This is doable, trainable, and much easier than you think. An amoeba-type formation is achieved by each member of the formation possessing a thorough understanding of the operating principles and possessing the ability to effectively communicate with each other—while maintaining the integrity and objective of the formation itself.

Basic Principles

Principles are the foundation from which all our tactics are built. If you consider our operating tactics as the branches of a tree, then the principles would be the trunk.

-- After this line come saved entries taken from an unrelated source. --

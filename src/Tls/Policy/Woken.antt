-- ===== src/Tls/Policy/Woken.antt =====
-- A receive announces the slots that it frees.
use tls.Base.{
  ◌+◌, ◌≡◌, refl, sym, ap, subst, ◌∙◌, inl, inr, Bool-cases, Option-cases, Result-cases, Option,
  none, some, Result, List, [], ◌∷◌, and, true, false, arith,
}
use tls.Outside.{Outside}
use tls.Outside.Laws.{PoolLaws}
use tls.Outside.Slots.{Slots, SlotLaws}
use tls.Error.{Error}
use tls.State.Staged.{Release, released, retained}
use tls.State.Buffers
use tls.Tls.{Connection, SendState, restore, dropped}
use tls.Tls.Link.{Processed}
use tls.Tls.Waiters.{Resource, recv, handshake_egress, Lanes, Queue, wake}
use tls.Tls.Waiters.Waits.{is_one}
use tls.Tls.Waiters.Turns.{TurnLaws}
use tls.Tls.Waiters.Woken.{Woken, wake-Retries, how_many}
use tls.Tls.Policy.{
  Worker, Transaction, flush_loan, complete_loan, release, Reader, returned, finish, process,
}
use tls.Tls.Policy.Lent.{return_slot-available}

module _ ⦃o : Outside⦄ ⦃s : Slots⦄ ⦃l : Lanes⦄ (pools : PoolLaws) (slots : SlotLaws)
    (turns : TurnLaws) where
  open o use {Cursor, Pool, Reserve, available, is_empty}

  -- For each slot that is free now, and was not with `receive` and `pool`, one that waits for such a
  -- slot is retried, and no other: `q` is the queue before.
  abbrev pub Announces : Buffers.Receive → Pool → Queue → Worker → Type 0
  Announces receive pool q w =
      (kinds : List Resource) × (Buffers.available w.receive
        ≡ how_many recv kinds + Buffers.available receive)
      × (available w.pool ≡ how_many handshake_egress kinds + available pool)
      × Woken turns kinds q w.queue

  -- The buffer of the store is lent while there is a loan.
  abbrev pub IsLent : Option Cursor → SendState → Type 0
  IsLent none store = Unit
  IsLent (some out) store = store.buffer ≡ none

  restore_freed :
      (store : SendState) (c : Cursor) (pool : Pool)
      → is_empty c ≡ true
      → let (_, _, pool') = restore store c pool in available pool' ≡ 1 + available pool
  unfolding restore
  restore_freed store c pool e = rw (e, restore) (omega (arith, pools.give_back-available c pool))

  restore_kept :
      (store : SendState) (c : Cursor) (pool : Pool)
      → is_empty c ≡ false
      → store.buffer ≡ none
      → let (_, _, pool') = restore store c pool in pool' ≡ pool
  unfolding restore dropped
  restore_kept store c pool e h = rw (e, restore) (rw h refl)

  loan-Announces :
      (loan : Option Cursor) (w : Worker)
      → IsLent loan w.store
      → Announces w.receive w.pool w.queue (complete_loan loan w)
  unfolding complete_loan restore how_many is_one
  loan-Announces none w h = ([], omega arith, omega arith, refl)
  loan-Announces (some c) w h = elim (Bool-cases (is_empty c)) [
    | inl e ↦
        let more = restore_freed w.store c w.pool e in
        rw (e, complete_loan)
          (
            handshake_egress ∷ [],
            omega arith,
            omega (arith, more),
            (wake w.queue handshake_egress, wake-Retries turns w.queue handshake_egress, refl),
          )
    | inr e ↦
        let same = restore_kept w.store c w.pool e h in
        rw (e, complete_loan) ([], omega arith, omega (arith, ap available same), refl)
  ]

  release-Announces :
      {S : Type 0} (t : Transaction S) (freed : Release) (receive : Buffers.Receive)
      → t.worker.receive ≡ returned freed receive
      → IsLent t.loan t.worker.store
      → Announces receive t.worker.pool t.worker.queue (release t freed)
  unfolding release how_many is_one
  release-Announces t retained receive e h =
      subst (λ r. Announces r t.worker.pool t.worker.queue (release t retained)) e
        (loan-Announces t.loan t.worker h)
  release-Announces t released receive e h =
      let w = t.worker in
      let woken : Worker = record w { queue = wake w.queue recv } in
      let (kinds, got, sent, rest) = loan-Announces t.loan woken h in
      let more = return_slot-available slots receive in
      (
        recv ∷ kinds,
        omega (arith, got, more, ap Buffers.available e),
        omega (arith, sent),
        (woken.queue, wake-Retries turns w.queue recv, rest),
      )

  -- A flush of the handshake keeps the rest of the transaction, and the loan with its buffer.
  flush_loan-IsLent :
      {S : Type 0} (t : Transaction S)
      → IsLent t.loan t.worker.store
      → let (_, t') = flush_loan t in
        IsLent t'.loan t'.worker.store
        × (t'.worker.receive ≡ t.worker.receive)
        × (t'.worker.pool ≡ t.worker.pool)
        × (t'.worker.queue ≡ t.worker.queue)
  unfolding flush_loan
  flush_loan-IsLent t h = elim (Option-cases t.loan) [
    | inl e ↦ rw (e, flush_loan) (h, refl, refl, refl)
    | inr (c, e) ↦
        rw (e, flush_loan) (subst (λ loan. IsLent loan t.worker.store) e h, refl, refl, refl)
  ]

  flush_loan-lease : {S : Type 0} (t : Transaction S) → (flush_loan t).1.lease ≡ t.lease
  unfolding flush_loan
  flush_loan-lease t = ground arith

  finish-Announces :
      {T : Type 0} (x : T) (r : Result Error (Unit {0})) (t : Transaction Release)
      (receive : Buffers.Receive)
      → t.worker.receive ≡ returned t.lease receive
      → IsLent t.loan t.worker.store
      → Announces receive t.worker.pool t.worker.queue (finish x r t).1
  unfolding finish
  finish-Announces x r t receive e h =
      let after = (flush_loan t).1 in
      let (lent, same, pool, queue) = flush_loan-IsLent t h in
      let kept = flush_loan-lease t in
      let announced : Announces receive t.worker.pool t.worker.queue (release after after.lease) =
        subst (λ p. Announces receive p t.worker.queue (release after after.lease)) pool
          (subst (λ q. Announces receive after.worker.pool q (release after after.lease)) queue
            (release-Announces after after.lease receive
              (same ∙ e ∙ ap (λ freed. returned freed receive) (sym kept)) lent)) in
      elim (Result-cases (and r (flush_loan t).0)) [
        | inr (_, f) ↦ rw (f, finish) announced
        | inl (_, f) ↦ elim (Bool-cases after.worker.conn.peer_closed) [
          | inl g ↦ rw (f, g, finish) announced
          | inr g ↦ rw (f, g, finish) announced
        ]
      ]

  -- A receive whose read returns, also when the read or the flush of the handshake fails, retries
  -- for each slot that it frees, that is, each receive or send slot that is free at the end of
  -- `process` and was not before it, the credit that has waited longest for such a slot, if one
  -- waits, and no other. If the send buffer is lent to the receive, the state has no other one.
  pub process-Announces :
      {T : Type 0} (read : Reader T) (t : Transaction Reserve) {x : T} {r : Result Error (Unit {0})}
      {freed : Release} {conn : Connection}
      → read t.worker.conn t.lease ≡ some (x, r, freed, conn)
      → IsLent t.loan t.worker.store
      → (w : Worker) × (p : Processed T) × (process read t ≡ some (p, w))
        × Announces t.worker.receive t.worker.pool t.worker.queue w
  unfolding process
  process-Announces read t {x} {r} {freed} {conn} e h =
      let w : Worker = record t.worker { conn = conn; receive = returned freed t.worker.receive } in
      let t' : Transaction Release = record { worker = w; loan = t.loan; lease = freed } in
      (
        (finish x r t').1,
        (finish x r t').0,
        rw (e, process) refl,
        finish-Announces x r t' t.worker.receive refl h,
      )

Any prudent operator or trainer will question and challenge the principles of their own system, and, when they do, they will learn that although the language, terminology, and tactics may vary slightly, it’s all pretty much variations along themes.

Principles such as John Boyd’s OODA Loop or Charles Remsberg’s Thought Process have given us a measuring stick in which to quickly evaluate our tactics for effectiveness.

Sound principles give our tactics an anchor point to ask the frank questions. In the case of the OODA Loop, we might ask will this tactic allow us to observe, orient, decide, or act better and faster than our adversary? If the answer is yes, the tactic is sound, if the answer is no—don’t do it. Quick, sound decisions are made, and we move on.   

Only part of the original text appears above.